Supreme Court reverses lower courts on Puerto Ricans’ eligibility for federal SSI benefits
3 min readThe U.S. Supreme Court reversed the decision of two lower courts that had declared Puerto Ricans eligible for federal Supplemental Security Income benefits.
The Supreme Court released its 8-1 decision in the United States v. Vaello Madero case on Thursday. Justice Sonia Sotomayor wrote the a dissent.
The SSI program provides financial assistance to disabled adults in the 50 states and the Northern Mariana Islands. Jose Luis Vaello Madero was trying to extend the program to those living in Puerto Rico and other territories. Some analysts said if Puerto Rico gained this, it would have contributed to economic growth. .
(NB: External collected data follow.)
-- ===== src/StateMachine/Reach.antt =====
-- The graph of the transitions that `require_transition` accepts: where a job can end, and what it
-- can never do again.
use deckhand.Base.{
  ℕ, ◌≤◌, ◌+◌, ◌*◌, ◌≡◌, ◌≢◌, refl, ap, ◌↔◌, Bool, true, false, arith, if◌then◌else◌,
}
use deckhand.Result.{ok, err, invalid_transition}
use deckhand.Models.State.{
  JobState, received, validated, authorized, awaiting_confirmation, queued, running, verifying,
  succeeded, denied, rejected, expired, cancelled, failed, unknown_outcome, contains,
  terminal_job_states,
}
use deckhand.StateMachine.{require_transition}

-- A step that the code accepts.
infix 40 ◌⟶◌ ◌⟶*◌
abbrev pub ◌⟶◌ : JobState → JobState → Type 0
s ⟶ t = require_transition s t ≡ ok tt

pub data ◌⟶*◌ (s : JobState) : JobState → Type 0 where
  here : s ⟶* s
  next : {t u : JobState} → s ⟶* t → t ⟶ u → s ⟶* u

pub ⟶*-trans : {s t u : JobState} → s ⟶* t → t ⟶* u → s ⟶* u
⟶*-trans p here = p
⟶*-trans p (next q st) = next (⟶*-trans p q) st

-- A state is one of `TERMINAL_JOB_STATES` exactly when `require_transition` refuses every target.
pub terminal_iff_stuck :
    (s : JobState)
    → (contains s terminal_job_states ≡ true)
      ↔ ((t : JobState) → require_transition s t ≡ err (invalid_transition s t))
unfolding require_transition
terminal_iff_stuck succeeded = (λ h t. refl, λ h. refl)
terminal_iff_stuck denied = (λ h t. refl, λ h. refl)
terminal_iff_stuck rejected = (λ h t. refl, λ h. refl)
terminal_iff_stuck expired = (λ h t. refl, λ h. refl)
terminal_iff_stuck cancelled = (λ h t. refl, λ h. refl)
terminal_iff_stuck failed = (λ h t. refl, λ h. refl)
terminal_iff_stuck received = (λ h. cc, λ h. cc (h validated))
terminal_iff_stuck validated = (λ h. cc, λ h. cc (h authorized))
terminal_iff_stuck authorized = (λ h. cc, λ h. cc (h queued))
terminal_iff_stuck awaiting_confirmation = (λ h. cc, λ h. cc (h queued))
terminal_iff_stuck queued = (λ h. cc, λ h. cc (h running))
terminal_iff_stuck running = (λ h. cc, λ h. cc (h verifying))
terminal_iff_stuck verifying = (λ h. cc, λ h. cc (h succeeded))
terminal_iff_stuck unknown_outcome = (λ h. cc, λ h. cc (h verifying))

-- A job that has left `running` is past every state in which a worker could claim it.
abbrev is_started : JobState → Bool
is_started verifying = true
is_started unknown_outcome = true
is_started succeeded = true
is_started failed = true
is_started cancelled = true
is_started _ = false

is_started-⟶ : (s t : JobState) → is_started s ≡ true → s ⟶ t → is_started t ≡ true
unfolding require_transition
is_started-⟶ verifying t h st = ground arith
is_started-⟶ unknown_outcome t h st = ground arith
is_started-⟶ running t h st = cc
is_started-⟶ _ t h st = ground arith

is_started-⟶* : {s t : JobState} → is_started s ≡ true → s ⟶* t → is_started t ≡ true
is_started-⟶* h here = h
is_started-⟶* h (next {t} {u} p st) = is_started-⟶ t u (is_started-⟶* h p) st

running-⟶ : (s : JobState) → running ⟶ s → is_started s ≡ true
unfolding require_transition
running-⟶ s h = ground arith

-- Whatever transitions follow, a job that has left `running` is never `queued` and never `running`
-- again: its operation is not replayed.
pub running_never_replayed : {s t : JobState} → running ⟶ s → s ⟶* t → (t ≢ queued) × (t ≢ running)
running_never_replayed {s} st p =
    let h = is_started-⟶* (running-⟶ s st) p in
    (λ e. cc (ap is_started e, h), λ e. cc (ap is_started e, h))

abbrev pub rank : JobState → ℕ
rank received = 0
rank validated = 1
rank authorized = 2
rank awaiting_confirmation = 3
rank queued = 4
rank running = 5
rank verifying = 6
rank unknown_outcome = 7
rank _ = 8

abbrev pub is_reconcile : JobState → JobState → Bool
is_reconcile unknown_outcome verifying = true
is_reconcile _ _ = false

abbrev pub steps : {s t : JobState} → s ⟶* t → ℕ
steps here = 0
steps (next p st) = steps p + 1

-- How often a path goes from `unknown_outcome` back to `verifying`.
abbrev pub reconciles : {s t : JobState} → s ⟶* t → ℕ
reconciles here = 0
reconciles (next {t} {u} p st) = (if is_reconcile t u then 1 else 0) + reconciles p

rank-⟶ : (s t : JobState) → s ⟶ t → rank s + 1 ≤ rank t + (if is_reconcile s t then 2 else 0)
unfolding require_transition
rank-⟶ received t st = ground arith
rank-⟶ _ t st = ground arith

-- Between two states a job makes at most as many transitions as their ranks are apart, and two more
-- for each time that it is reconciled: nothing else goes round in a circle.
pub steps_bounded : {s t : JobState} (p : s ⟶* t) → steps p + rank s ≤ rank t + 2 * reconciles p
steps_bounded here = omega arith
steps_bounded (next {t} {u} p st) = ground (arith, steps_bounded p, rank-⟶ t u st)

-- From every state some terminal state is reached by accepted transitions: no state traps a job.
pub can_finish :
    (s : JobState) → (t : JobState) × (s ⟶* t) × (contains t terminal_job_states ≡ true)
unfolding require_transition
can_finish received = (rejected, next here refl, refl)
can_finish validated = (denied, next here refl, refl)
can_finish authorized = (expired, next (next {u = queued} here refl) refl, refl)
can_finish awaiting_confirmation = (expired, next here refl, refl)
can_finish queued = (expired, next here refl, refl)
can_finish running = (failed, next here refl, refl)
can_finish verifying = (failed, next here refl, refl)
can_finish unknown_outcome = (failed, next here refl, refl)
can_finish succeeded = (succeeded, here, refl)
can_finish denied = (denied, here, refl)
can_finish rejected = (rejected, here, refl)
can_finish expired = (expired, here, refl)
can_finish cancelled = (cancelled, here, refl)
can_finish failed = (failed, here, refl)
In his majority opinion, Associate Justice Brett Kavanaugh pointed to the Territory Clause of the U.S. Constitution that Congress may “make all needful rules and regulations respecting the Territory … belonging to the United States.”
Kavanaugh focused on federal powers over taxes and benefits in the territories and how they were linked. He noted that Puerto Rico residents generally do not pay federal income taxes. The lack of coverage of some federal programs in the territories parallels this, he said.
Kavanaugh said if the court approved Vaello Madero’s position that SSI should be extended to island residents, then the same argument could be made for many other federal benefits. Also, residents of the 50 states could insist that federal taxes be imposed on territorial residents. But the Constitution gives wide leeway to Congress on how it wishes to treat the territories for benefits and taxes, he said.
“The Supreme Court decision denying the most vulnerable American citizens living in Puerto Rico access to the Supplemental Security Income (SSI) is contrary to the basic tenets of our nation,” said Carmen Feliciano, executive director of the Puerto Rico Federal Affairs Administration. “It constitutes geographic discrimination and is a very clear example of how Puerto Ricans continue to be treated as second-class citizens in the 21st Century.” Feliciano works in the government of Gov. Pedro Pierluisi.
U.S. Rep. Nydia Velázquez, D-NY, said the decision is “a demoralizing setback for the people of Puerto Rico who deserve the same access to federal benefits as those living in the mainland United States.”
“We cannot forget that Puerto Rico was colonized by the United States over a century ago and today’s decision is yet another in a long and brutal effort by the U.S. to treat Puerto Ricans as second-class citizens,” she said.
Sadler Family Professor of Constitutional Law at NYU School of Law Richard Pildes said, “The decision maintains the status quo and is a predictable consequence of existing doctrine, under which disabled adults in Puerto Rico receive far less in income benefits than comparable adults who reside on the mainland of the United States.”
Hunter College Center for Puerto Rico Studies Research Associate Carlos Vargas-Ramos said, “It is interesting … that the court, so deferential to precedence in other circumstances, is unwilling to explicitly deploy the ultimate precedence underscoring the overwhelming majority of its decision on Puerto Rico: the Insular Cases. Justice Gorsuch, [Justice Clarence] Thomas, and, separately, Sotomayor hint at this glaring omission. But the court is certainly unwilling to reveal the racist legal basis for underscoring the differential treatment of Puerto Rico.”
The decision was “not surprising but it is certainly disappointing,” said Center for a New Economy Policy Director Sergio Marxuach.
He noted the Biden administration could have ordered the Department of Justice to withdraw its appeal but it decided not to.
“In addition, Kavanaugh’s analysis, in trying to avoid the controversial issue of the Insular Cases, is ‘utterly irrational’ as Justice Sotomayor states in her dissent,” he said.
“Stating that it is rational for Congress to discriminate against Puerto Rico because residents of the island by and large do not pay federal incomes taxes makes no sense in the context of this case because the beneficiaries of SSI, by definition, are aged, disabled, or blind and thus are unable to work or pay federal income taxes, whether they live in California, New York, or Montana,” Marxuach said. “All in all, a shameful day for the court, a bad day for the Biden administration, and most important of all a terrible day for the blind, aged, and disabled residents of Puerto Rico.”